Not long ago, I sat down to watch Elizabeth: The Golden Age. The story is well-known to many but fairly new to me. I’m not a history enthusiast, although I am drawn to its memoirs via the silver screen. There’s something majestic and grand about visiting another era. When crafted well, “period pieces” etch their eccentricity into my soul, leaving me breathless for more.

The intrigues of yesterday’s “long-ago and far-away” are a worthy pause. They reveal truth by framing the past within the present. They trace our ancestral beginnings to our now, weaving a path of incomprehensible moments that lead us to this one moment in time. A day called today, when every yesterday bears the worthy trust of a purpose and a plan.

We couldn’t see it then because we didn’t live it then. Our lives were meant for this generation, but we are the witnesses to what remains—those blossomed remnants from a long-ago seeding that have fed our imaginations and scripted their influence into our current. Whether it be 500 years ago or five days ago, the past hosts the stage for the right now … for the future.

In one particular moving scene from Elizabeth, the Queen is listening to the wild rantings of explorer extraordinaire, Sir Walter Raleigh. He is describing the depth of what it was like for him to discover the new world. The tempestuous seas. The brittle cold. The weary nights and days and days and nights of water upon water with no land in sight. His is a compelling story, crescendoing with every detail until he unveils the moment of his discovery—the virgin vision of land in sight.

It is an edenic moment, one that scripts with the lush and green and wild of a fresh unearthing.

Elizabeth is undone with the telling, imagining the far-away and what it must be like to live within the edges of such adventure. With tears brimming from emotion, she voices the penchant of her heart…

“Do we discover the new world, Mr. Raleigh, or does the new world discover us?”

And with that question, I am undone. It’s a worthy wondering, for before me … before each one of us … is a brave, new and unseen world offering up its invitation to come. To set our sails in a new direction that is fraught with the unknown and the unimaginable.

Who can really plan for a sea’s crossing in advance? Who can measure the depth of the dark and the waves and the ill-effects of climate shift prior to departure? Who can reason the sun’s heat and thirst of a long journey? Who can forecast the wide open skies of a sea’s starry night or the brushstrokes of a horizon’s morning? Who can fathom the ups and the downs and the side to sides of a watery perimeter? Who can fully comprehend the completed journey even before it begins? Who can see the new world prior to leaving the old?

Who indeed?

God can. He did, and he continues to do so. On our behalf and on behalf of those who’ve come before and those who are soon to follow. He sees it all, from beginning to end—the new world. It commenced on the shores of his sacred understanding; it will finish accordingly. But sandwiched in between those eternal bookends?
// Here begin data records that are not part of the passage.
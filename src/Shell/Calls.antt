-- ===== src/Shell/Calls.antt =====
-- The command `syscall` of computekernel_edu/shell.py. It hands the words of its line on as texts, so
-- this is what the handlers of computekernel_edu/syscall.py do with texts for arguments: a text is
-- never equal to a number, and a comparison by order, a sum or an argument that is missing raises
-- a `TypeError`.
pub mod Kept
pub mod Running
use Prim.Native.Char.{code}
use compute_kernel_python.Prelude.{
  ℕ, zero, suc, ◌+◌, ◌*◌, String, Bool, true, false, Option, none, some, List, [], ◌∷◌, ℤ, pos,
  negsuc, is_negative, get_elem?, if◌then◌else◌,
}
use compute_kernel_python.Prelude.Eq.{◌==◌, nat_eq}
use compute_kernel_python.Prelude.Dict.{get, has_key}
use compute_kernel_python.Paths.{◌<>◌}
use compute_kernel_python.Text.{strip, words}
use compute_kernel_python.Text.Numbers.{ten, int_of, show_ℤ}
use compute_kernel_python.Utils.{green, red}
use compute_kernel_python.Memory.Pmm.{alloc_pages}
use compute_kernel_python.Memory.Vmm.{Vmm, pages_needed}
use compute_kernel_python.Tmpfs.{Tmpfs, tmpfs}
use compute_kernel_python.Vfs.{bad_descriptor}
use compute_kernel_python.Syscall.{
  Kernel, invalid, no_process, no_memory, current_break, with_process, die, sys_mmap, sys_nanosleep,
  sys_getpid, sys_fork, sys_execve, sys_exit, sys_wait4, sys_kill,
}
use compute_kernel_python.Syscall.Dispatch
use compute_kernel_python.Syscall.Dispatch.{
  Dispatcher, Syscall, read, write, openat, close, mmap, munmap, brk, nanosleep, getpid, fork,
  execve, exit, wait4, kill, table, not_implemented, on_kernel, sys_openat,
}
use compute_kernel_python.Boot.Stages.{Machine}
use compute_kernel_python.KernelState.{Subsystems}
use compute_kernel_python.Shell.Replies.{
  Session, Reply, says_text, on_parts, machine_of, with_parts, with_machine,
}

abbrev pub Result : Type 0
Result = Option (ℤ × Dispatcher Tmpfs)

abbrev is_process : ℕ → Dispatcher Tmpfs → Bool
is_process pid s = has_key pid s.kernel.processes.table

-- A descriptor that is a text is in no table. Writing to the text "1" is not writing to 1.
unfoldable pub on_descriptor : ℕ → List String → Dispatcher Tmpfs → Result
on_descriptor pid [] s = none
on_descriptor pid (fd ∷ args) s = some (if is_process pid s then bad_descriptor else invalid, s)

-- `as_.map` adds the size to the address after the pages were taken; without a page it is not called.
abbrev is_nil {ℓ} : {A : Type ℓ} → List A → Bool
is_nil [] = true
is_nil (x ∷ xs) = false

map_at_text : ℕ → Dispatcher Tmpfs → Result
map_at_text pid s = elim (get pid s.kernel.vmm.address_spaces) [
  | none ↦ some (no_memory, s)
  | some space ↦
      let (taken, pmm) = alloc_pages (pages_needed 4096) pid s.kernel.vmm.pmm in
      if is_nil taken
      then some (
        no_memory,
        record s { kernel = record s.kernel { vmm = record s.kernel.vmm { pmm = pmm } } },
      )
      else none
]

mmap_text : ℕ → List String → Dispatcher Tmpfs → Result
unfolding map_at_text
mmap_text pid [] s = on_kernel tmpfs (sys_mmap pid 0 (pos 4096) "rw-" "[mmap]") s
mmap_text pid (addr ∷ []) s = if is_process pid s then map_at_text pid s else some (invalid, s)
mmap_text pid (addr ∷ size ∷ args) s = none

-- No area begins at a text.
munmap_text : List String → Dispatcher Tmpfs → Result
munmap_text args s = some (invalid, s)

brk_text : ℕ → List String → Dispatcher Tmpfs → Result
brk_text pid [] s = some (pos (current_break pid s.kernel), s)
brk_text pid (new_brk ∷ args) s = none

abbrev pub word_or : String → Option String → String
word_or default none = default
word_or default (some w) = w

-- An exit code is only logged; one that is a text is kept as a number made of its characters.
abbrev text_code : String → ℕ
text_code String.[] = 0
text_code (String.◌∷◌ c s) = suc (code c) + 0x110001 * text_code s

exit_text : ℕ → List String → Dispatcher Tmpfs → Result
exit_text pid [] s = on_kernel tmpfs (sys_exit pid (pos 0)) s
exit_text pid (exit_code ∷ args) s = on_kernel tmpfs (sys_exit pid (pos (text_code exit_code))) s

-- No process has a text for its PID.
kill_text : ℕ → List String → Dispatcher Tmpfs → Result
kill_text pid [] s = on_kernel tmpfs (sys_kill pid 0 15) s
kill_text pid (target ∷ args) s = some (no_process, s)

-- `none` is an exception.
unfoldable pub handle_text : Syscall → ℕ → List String → Dispatcher Tmpfs → Result
unfolding mmap_text munmap_text brk_text exit_text kill_text
handle_text read pid args s = on_descriptor pid args s
handle_text write pid args s = on_descriptor pid args s
handle_text openat pid args s =
    sys_openat tmpfs pid (word_or "" (get_elem? args 1)) (word_or "r" (get_elem? args 2)) s
handle_text close pid args s = on_descriptor pid args s
handle_text mmap pid args s = mmap_text pid args s
handle_text munmap pid args s = munmap_text args s
handle_text brk pid args s = brk_text pid args s
handle_text nanosleep pid args s = on_kernel tmpfs (sys_nanosleep pid 0 0) s
handle_text getpid pid args s = on_kernel tmpfs (sys_getpid pid) s
handle_text fork pid args s = on_kernel tmpfs (sys_fork pid) s
handle_text execve pid args s = on_kernel tmpfs (sys_execve pid (word_or "" (get_elem? args 0))) s
handle_text exit pid args s = exit_text pid args s
handle_text wait4 pid args s = on_kernel tmpfs (sys_wait4 pid) s
handle_text kill pid args s = kill_text pid args s

-- A negative PID is no process, and has no program break.
unfoldable pub handle_stranger : Syscall → ℕ → List String → Dispatcher Tmpfs → Result
unfolding kill_text
handle_stranger read n [] s = none
handle_stranger write n [] s = none
handle_stranger close n [] s = none
handle_stranger mmap n (addr ∷ size ∷ args) s = none
handle_stranger brk n [] s = some (pos 0x601000, s)
handle_stranger brk n (new_brk ∷ args) s = none
handle_stranger nanosleep n args s = some (pos 0, s)
handle_stranger getpid n args s = some (negsuc n, s)
handle_stranger kill n args s = kill_text n args s
handle_stranger _ n args s = some (invalid, s)

dispatch_found : Option Syscall → ℤ → List String → Dispatcher Tmpfs → Result
dispatch_found none pid args s = some (not_implemented, s)
dispatch_found (some call) (pos pid) args s = handle_text call pid args s
dispatch_found (some call) (negsuc n) args s = handle_stranger call n args s

abbrev call_named : ℤ → Option Syscall
call_named (pos nr) = get nr table
call_named (negsuc n) = none

unfoldable pub dispatch_text : ℤ → ℤ → List String → Dispatcher Tmpfs → Result
unfolding dispatch_found
dispatch_text pid nr args s = dispatch_found (call_named nr) pid args s

-- The dispatcher that the command makes has no program breaks yet.
abbrev pub dispatcher_of : Subsystems → Dispatcher Tmpfs
dispatcher_of parts =
    let m = machine_of parts in
    record { kernel = record { processes = m.processes; vmm = m.vmm; breaks = [] }; vfs = m.vfs }

abbrev pub with_dispatcher : Dispatcher Tmpfs → Subsystems → Session → Session
with_dispatcher d parts s =
    let m = record (machine_of parts) {
      processes = d.kernel.processes;
      vmm = d.kernel.vmm;
      vfs = d.vfs;
    } in
    with_parts (with_machine m parts) s

abbrev result_line : ℤ → ℤ → ℤ → String
result_line pid nr n =
    let t = "syscall(pid=" <> (show_ℤ pid <> (", nr=" <> (show_ℤ nr <> (") = " <> show_ℤ n)))) in
    if is_negative n then red t else green t

result_reply : ℤ → ℤ → Subsystems → Session → Result → Option Reply
result_reply pid nr parts s none = none
result_reply pid nr parts s (some (n, d)) =
    some (says_text (result_line pid nr n) (with_dispatcher d parts s))

call_parsed : Option ℤ → Option ℤ → List String → Session → Option Reply
unfolding result_reply
call_parsed (some pid) (some nr) args s = elim s.kernel.subsystems [
  | none ↦ some (says_text "Process table not initialized." s)
  | some parts ↦ result_reply pid nr parts s (dispatch_text pid nr args (dispatcher_of parts))
]
call_parsed (some pid) none args s = some (says_text "pid and nr must be integers" s)
call_parsed none nr args s = some (says_text "pid and nr must be integers" s)

call_words : List String → Session → Option Reply
unfolding call_parsed
call_words (pid ∷ nr ∷ args) s = call_parsed (int_of ten pid) (int_of ten nr) args s
call_words _ s = some (says_text "Usage: syscall <pid> <nr> [args...]" s)

-- `none` is an exception, which the shell lets pass.
unfoldable pub do_syscall : String → Session → Option Reply
unfolding call_words
do_syscall arg s = call_words (words (strip arg)) s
A sea’s crossing. A journey’s now. From coast to coast, where faith becomes the wind that sails us home into safe harbor.

Do we discover the new world, or does the new world discover us?

Yes and yes.

It’s not that it hasn’t been there all along. Its shores have always sung. Its land has always known the generous breathing of a big and mighty God. Its width and length and heighth and depth have been measured and established by the wisdom of its Creator and sustained accordingly. The inconceivable has been conceived by the only mind capable of holding such vision.

And if we, by the grace of God, have set our sights on Jesus, then with every passing day, in unsuspecting and unimaginable ways, we catch glimpses of the harbor that stands on the horizon. A reachable Eden that scripts with the lush and green and wild of a fresh unearthing.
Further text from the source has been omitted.